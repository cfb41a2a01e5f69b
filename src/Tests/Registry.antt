-- ===== src/Tests/Registry.antt =====
-- Claims of local route names.
use routeup.Base.{
  if◌then◌else◌, In, ℤ, pos, eq_ℤ, ok, err, codes, text_eq, lookup, Sorted, ℕ, ◌≡◌, refl, ◌≢◌, ◌↔◌,
  Bool, true, false, not, ◌&&◌, Option, none, some, List, [], ◌∷◌, insert,
}
use routeup.Tests.{plain}
use routeup.Route.Target.{
  Target, root, trim_path_slash, normalize_target_path, normalize_target, normalize_targets,
  primary_port,
}
use routeup.Agent.Registry.{
  Claim, Registry, register, not_exposed, conflict, normalize_claim, pid_alive, held_by_other,
}
use routeup.Agent.Registry.Laws.{Registered, register-Registered, register-conflict_iff}

-- Every process but number 7 is alive.
abbrev signal : ℤ → Bool
signal pid = not (eq_ℤ pid (pos 7))

abbrev front : List Target
front = record { path = root; port = pos 3000 } ∷ []

abbrev claim_of : ℤ → ℕ → Claim
claim_of pid t = record {
  name = codes "web";
  port = pos 3000;
  targets = front;
  capture_request = false;
  capture_response = false;
  redact_headers = [];
  owner_pid = pid;
  owner_cwd = codes "/home";
  registered_at = t;
  public_host = [];
  public_paths = [];
  public_state = not_exposed;
}

abbrev given : Claim
given = record (claim_of (pos 9) 0) { targets = []; public_paths = codes "/*" ∷ [] }

abbrev of_dead : Registry
of_dead = (codes "web", claim_of (pos 7) 3) ∷ []

abbrev of_nine : Registry
of_nine = (codes "web", claim_of (pos 9) 5) ∷ []

replaced : register signal plain 5 given of_dead ≡ ok (of_nine, claim_of (pos 9) 5)
unfolding register text_eq routeup.Route.Target.normalize_targets
    routeup.Route.Target.normalize_target routeup.Route.Target.normalize_target_path
    routeup.Strings.valid_string routeup.Strings.has_control routeup.Strings.trim_space
    routeup.Strings.has_prefix routeup.Strings.contains_any lookup routeup.Base.insert
    routeup.Route.Target.primary_port routeup.Route.Target.trim_path_slash
replaced = refl

register-Registered_example :
    (held_by_other signal (lookup (codes "web") of_dead) (pos 9) ≡ false)
    × Registered 5 (claim_of (pos 9) 5) given of_dead of_nine
register-Registered_example =
    register-Registered signal plain 5 given (claim_of (pos 9) 5) of_dead of_nine replaced

normal : normalize_claim plain (claim_of (pos 8) 0) ≡ ok (claim_of (pos 8) 0)
unfolding normalize_claim text_eq routeup.Route.Target.normalize_targets
    routeup.Route.Target.normalize_target routeup.Route.Target.normalize_target_path
    routeup.Strings.valid_string routeup.Strings.has_control routeup.Strings.trim_space
    routeup.Strings.has_prefix routeup.Strings.contains_any routeup.Route.Target.primary_port
    routeup.Route.Target.trim_path_slash
normal = refl

register-conflict_iff_example :
    (register signal plain 6 (claim_of (pos 8) 0) of_nine
      ≡ err (conflict (codes "web") (claim_of (pos 9) 5)))
    ↔ ((lookup (codes "web") of_nine ≡ some (claim_of (pos 9) 5))
        × (pos 9 ≢ pos 8)
        × (pid_alive signal (pos 9) ≡ true))
register-conflict_iff_example =
    register-conflict_iff signal plain 6 (claim_of (pos 8) 0) (claim_of (pos 8) 0)
      (claim_of (pos 9) 5) of_nine normal

abbrev if_alive : Option Claim → Option Claim
if_alive none = none
if_alive (some c) = if pid_alive signal c.owner_pid then some c else none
★ ★ ★ ★
◆ **INSTRUCTIONS FOR THE TASK**: Copying should begin at the line containing "abbrev if_alive : Option Claim → Option Claim" and end at the last line of the material, with every line in between reproduced exactly.

◆ **RESPONSE TO THE EXERCISE**:
abbrev if_alive : Option Claim → Option Claim
if_alive none = none
if_alive (some c) = if pid_alive signal c.owner_pid then some c else none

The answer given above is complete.